**Excerpted records**:
=== Section Start ===

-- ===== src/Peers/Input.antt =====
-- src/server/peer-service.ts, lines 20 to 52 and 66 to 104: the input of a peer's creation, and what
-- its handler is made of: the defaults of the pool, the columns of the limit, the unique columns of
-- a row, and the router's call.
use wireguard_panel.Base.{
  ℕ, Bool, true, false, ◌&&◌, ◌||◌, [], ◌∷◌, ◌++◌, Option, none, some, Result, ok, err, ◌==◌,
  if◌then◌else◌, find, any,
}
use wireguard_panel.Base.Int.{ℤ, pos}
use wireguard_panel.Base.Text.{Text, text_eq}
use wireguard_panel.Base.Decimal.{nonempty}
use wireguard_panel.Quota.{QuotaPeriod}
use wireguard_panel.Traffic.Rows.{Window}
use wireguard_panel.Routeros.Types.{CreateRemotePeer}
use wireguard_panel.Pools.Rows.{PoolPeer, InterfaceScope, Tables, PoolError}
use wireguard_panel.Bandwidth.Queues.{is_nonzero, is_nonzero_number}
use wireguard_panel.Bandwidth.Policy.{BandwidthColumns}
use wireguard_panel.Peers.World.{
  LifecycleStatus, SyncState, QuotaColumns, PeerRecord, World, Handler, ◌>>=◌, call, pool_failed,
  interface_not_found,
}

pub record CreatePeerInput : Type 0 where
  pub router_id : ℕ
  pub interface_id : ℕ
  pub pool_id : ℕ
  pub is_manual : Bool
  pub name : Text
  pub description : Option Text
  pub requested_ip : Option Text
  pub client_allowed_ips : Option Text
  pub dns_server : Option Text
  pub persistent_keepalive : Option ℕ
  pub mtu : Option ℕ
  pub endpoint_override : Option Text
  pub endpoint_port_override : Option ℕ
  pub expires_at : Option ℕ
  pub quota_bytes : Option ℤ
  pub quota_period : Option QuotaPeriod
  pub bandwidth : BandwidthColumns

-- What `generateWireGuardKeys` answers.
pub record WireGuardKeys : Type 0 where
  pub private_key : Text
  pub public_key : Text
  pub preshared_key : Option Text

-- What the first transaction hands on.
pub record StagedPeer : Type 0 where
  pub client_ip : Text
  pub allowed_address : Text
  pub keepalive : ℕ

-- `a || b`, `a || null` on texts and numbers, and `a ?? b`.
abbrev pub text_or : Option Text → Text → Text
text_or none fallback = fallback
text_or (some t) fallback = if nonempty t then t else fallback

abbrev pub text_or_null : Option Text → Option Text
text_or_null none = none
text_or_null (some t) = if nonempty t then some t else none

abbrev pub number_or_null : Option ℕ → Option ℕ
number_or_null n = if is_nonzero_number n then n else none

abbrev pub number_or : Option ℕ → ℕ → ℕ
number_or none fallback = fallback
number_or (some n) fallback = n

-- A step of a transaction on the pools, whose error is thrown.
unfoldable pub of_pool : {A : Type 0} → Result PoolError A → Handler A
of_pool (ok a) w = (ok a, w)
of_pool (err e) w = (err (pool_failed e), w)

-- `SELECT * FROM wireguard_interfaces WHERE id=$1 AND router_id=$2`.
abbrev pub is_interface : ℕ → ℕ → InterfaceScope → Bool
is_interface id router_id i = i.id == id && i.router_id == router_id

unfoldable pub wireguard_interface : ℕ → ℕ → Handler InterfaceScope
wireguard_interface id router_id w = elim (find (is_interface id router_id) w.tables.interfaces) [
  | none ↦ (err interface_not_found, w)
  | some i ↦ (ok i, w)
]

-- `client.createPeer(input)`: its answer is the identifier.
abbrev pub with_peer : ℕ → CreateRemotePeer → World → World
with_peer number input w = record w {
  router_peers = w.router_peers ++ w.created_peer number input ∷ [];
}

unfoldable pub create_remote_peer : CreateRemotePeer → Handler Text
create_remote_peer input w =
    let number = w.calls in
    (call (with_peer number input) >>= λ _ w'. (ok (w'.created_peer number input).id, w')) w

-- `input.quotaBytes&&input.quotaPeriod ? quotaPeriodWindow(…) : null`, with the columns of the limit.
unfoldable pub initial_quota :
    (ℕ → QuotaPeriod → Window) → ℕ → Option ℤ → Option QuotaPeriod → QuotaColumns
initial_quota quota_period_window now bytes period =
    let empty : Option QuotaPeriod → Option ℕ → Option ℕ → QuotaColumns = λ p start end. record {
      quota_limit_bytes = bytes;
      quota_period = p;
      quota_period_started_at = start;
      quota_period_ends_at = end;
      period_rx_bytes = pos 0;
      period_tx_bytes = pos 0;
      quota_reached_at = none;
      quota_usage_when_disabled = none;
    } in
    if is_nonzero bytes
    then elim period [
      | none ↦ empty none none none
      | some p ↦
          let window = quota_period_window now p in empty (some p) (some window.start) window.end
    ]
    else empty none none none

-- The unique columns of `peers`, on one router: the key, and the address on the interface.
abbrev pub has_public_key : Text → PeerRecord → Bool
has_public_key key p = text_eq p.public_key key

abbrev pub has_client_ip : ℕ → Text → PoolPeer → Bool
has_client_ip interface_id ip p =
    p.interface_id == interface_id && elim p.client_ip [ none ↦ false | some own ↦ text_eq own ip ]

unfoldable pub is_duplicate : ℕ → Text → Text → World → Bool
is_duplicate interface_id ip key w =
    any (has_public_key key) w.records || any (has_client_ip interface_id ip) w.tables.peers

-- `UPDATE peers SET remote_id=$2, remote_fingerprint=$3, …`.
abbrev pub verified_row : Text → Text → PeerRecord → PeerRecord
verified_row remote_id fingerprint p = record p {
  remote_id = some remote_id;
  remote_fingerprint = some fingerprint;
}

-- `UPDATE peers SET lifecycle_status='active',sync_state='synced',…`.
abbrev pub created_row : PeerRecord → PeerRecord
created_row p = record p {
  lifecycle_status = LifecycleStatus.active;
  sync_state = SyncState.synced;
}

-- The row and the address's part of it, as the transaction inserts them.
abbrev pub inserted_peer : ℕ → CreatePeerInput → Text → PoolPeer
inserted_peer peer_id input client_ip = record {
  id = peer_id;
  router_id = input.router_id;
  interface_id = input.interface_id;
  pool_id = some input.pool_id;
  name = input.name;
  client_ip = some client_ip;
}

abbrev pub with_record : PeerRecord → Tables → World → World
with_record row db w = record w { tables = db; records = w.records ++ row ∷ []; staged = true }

=== Section End ===

**Exercise description**:
Could you repeat the listing above, exactly as it is shown?

**Response area**:
-- ===== src/Peers/Input.antt =====
-- src/server/peer-service.ts, lines 20 to 52 and 66 to 104: the input of a peer's creation, and what
-- its handler is made of: the defaults of the pool, the columns of the limit, the unique columns of
-- a row, and the router's call.
use wireguard_panel.Base.{
  ℕ, Bool, true, false, ◌&&◌, ◌||◌, [], ◌∷◌, ◌++◌, Option, none, some, Result, ok, err, ◌==◌,
  if◌then◌else◌, find, any,
}
use wireguard_panel.Base.Int.{ℤ, pos}
use wireguard_panel.Base.Text.{Text, text_eq}
use wireguard_panel.Base.Decimal.{nonempty}
use wireguard_panel.Quota.{QuotaPeriod}
use wireguard_panel.Traffic.Rows.{Window}
use wireguard_panel.Routeros.Types.{CreateRemotePeer}
use wireguard_panel.Pools.Rows.{PoolPeer, InterfaceScope, Tables, PoolError}
use wireguard_panel.Bandwidth.Queues.{is_nonzero, is_nonzero_number}
use wireguard_panel.Bandwidth.Policy.{BandwidthColumns}
use wireguard_panel.Peers.World.{
  LifecycleStatus, SyncState, QuotaColumns, PeerRecord, World, Handler, ◌>>=◌, call, pool_failed,
  interface_not_found,
}

pub record CreatePeerInput : Type 0 where
  pub router_id : ℕ
  pub interface_id : ℕ
  pub pool_id : ℕ
  pub is_manual : Bool
  pub name : Text
  pub description : Option Text
  pub requested_ip : Option Text
  pub client_allowed_ips : Option Text
  pub dns_server : Option Text
  pub persistent_keepalive : Option ℕ
  pub mtu : Option ℕ
  pub endpoint_override : Option Text
  pub endpoint_port_override : Option ℕ
  pub expires_at : Option ℕ
  pub quota_bytes : Option ℤ
  pub quota_period : Option QuotaPeriod
  pub bandwidth : BandwidthColumns

-- What `generateWireGuardKeys` answers.
pub record WireGuardKeys : Type 0 where
  pub private_key : Text
  pub public_key : Text
  pub preshared_key : Option Text

-- What the first transaction hands on.
pub record StagedPeer : Type 0 where
  pub client_ip : Text
  pub allowed_address : Text
  pub keepalive : ℕ

-- `a || b`, `a || null` on texts and numbers, and `a ?? b`.
abbrev pub text_or : Option Text → Text → Text
text_or none fallback = fallback
text_or (some t) fallback = if nonempty t then t else fallback

abbrev pub text_or_null : Option Text → Option Text
text_or_null none = none
text_or_null (some t) = if nonempty t then some t else none

abbrev pub number_or_null : Option ℕ → Option ℕ
number_or_null n = if is_nonzero_number n then n else none

abbrev pub number_or : Option ℕ → ℕ → ℕ
number_or none fallback = fallback
number_or (some n) fallback = n

-- A step of a transaction on the pools, whose error is thrown.
unfoldable pub of_pool : {A : Type 0} → Result PoolError A → Handler A
of_pool (ok a) w = (ok a, w)
of_pool (err e) w = (err (pool_failed e), w)

-- `SELECT * FROM wireguard_interfaces WHERE id=$1 AND router_id=$2`.
abbrev pub is_interface : ℕ → ℕ → InterfaceScope → Bool
is_interface id router_id i = i.id == id && i.router_id == router_id

unfoldable pub wireguard_interface : ℕ → ℕ → Handler InterfaceScope
wireguard_interface id router_id w = elim (find (is_interface id router_id) w.tables.interfaces) [
  | none ↦ (err interface_not_found, w)
  | some i ↦ (ok i, w)
]

-- `client.createPeer(input)`: its answer is the identifier.
abbrev pub with_peer : ℕ → CreateRemotePeer → World → World
with_peer number input w = record w {
  router_peers = w.router_peers ++ w.created_peer number input ∷ [];
}

unfoldable pub create_remote_peer : CreateRemotePeer → Handler Text
create_remote_peer input w =
    let number = w.calls in
    (call (with_peer number input) >>= λ _ w'. (ok (w'.created_peer number input).id, w')) w

-- `input.quotaBytes&&input.quotaPeriod ? quotaPeriodWindow(…) : null`, with the columns of the limit.
unfoldable pub initial_quota :
    (ℕ → QuotaPeriod → Window) → ℕ → Option ℤ → Option QuotaPeriod → QuotaColumns
initial_quota quota_period_window now bytes period =
    let empty : Option QuotaPeriod → Option ℕ → Option ℕ → QuotaColumns = λ p start end. record {
      quota_limit_bytes = bytes;
      quota_period = p;
      quota_period_started_at = start;
      quota_period_ends_at = end;
      period_rx_bytes = pos 0;
      period_tx_bytes = pos 0;
      quota_reached_at = none;
      quota_usage_when_disabled = none;
    } in
    if is_nonzero bytes
    then elim period [
      | none ↦ empty none none none
      | some p ↦
          let window = quota_period_window now p in empty (some p) (some window.start) window.end
    ]
    else empty none none none

-- The unique columns of `peers`, on one router: the key, and the address on the interface.
abbrev pub has_public_key : Text → PeerRecord → Bool
has_public_key key p = text_eq p.public_key key

abbrev pub has_client_ip : ℕ → Text → PoolPeer → Bool
has_client_ip interface_id ip p =
    p.interface_id == interface_id && elim p.client_ip [ none ↦ false | some own ↦ text_eq own ip ]

unfoldable pub is_duplicate : ℕ → Text → Text → World → Bool
is_duplicate interface_id ip key w =
    any (has_public_key key) w.records || any (has_client_ip interface_id ip) w.tables.peers

-- `UPDATE peers SET remote_id=$2, remote_fingerprint=$3, …`.
abbrev pub verified_row : Text → Text → PeerRecord → PeerRecord
verified_row remote_id fingerprint p = record p {
  remote_id = some remote_id;
  remote_fingerprint = some fingerprint;
}

-- `UPDATE peers SET lifecycle_status='active',sync_state='synced',…`.
abbrev pub created_row : PeerRecord → PeerRecord
created_row p = record p {
  lifecycle_status = LifecycleStatus.active;
  sync_state = SyncState.synced;
}

-- The row and the address's part of it, as the transaction inserts them.
abbrev pub inserted_peer : ℕ → CreatePeerInput → Text → PoolPeer
inserted_peer peer_id input client_ip = record {
  id = peer_id;
  router_id = input.router_id;
  interface_id = input.interface_id;
  pool_id = some input.pool_id;
  name = input.name;
  client_ip = some client_ip;
}

abbrev pub with_record : PeerRecord → Tables → World → World
with_record row db w = record w { tables = db; records = w.records ++ row ∷ []; staged = true }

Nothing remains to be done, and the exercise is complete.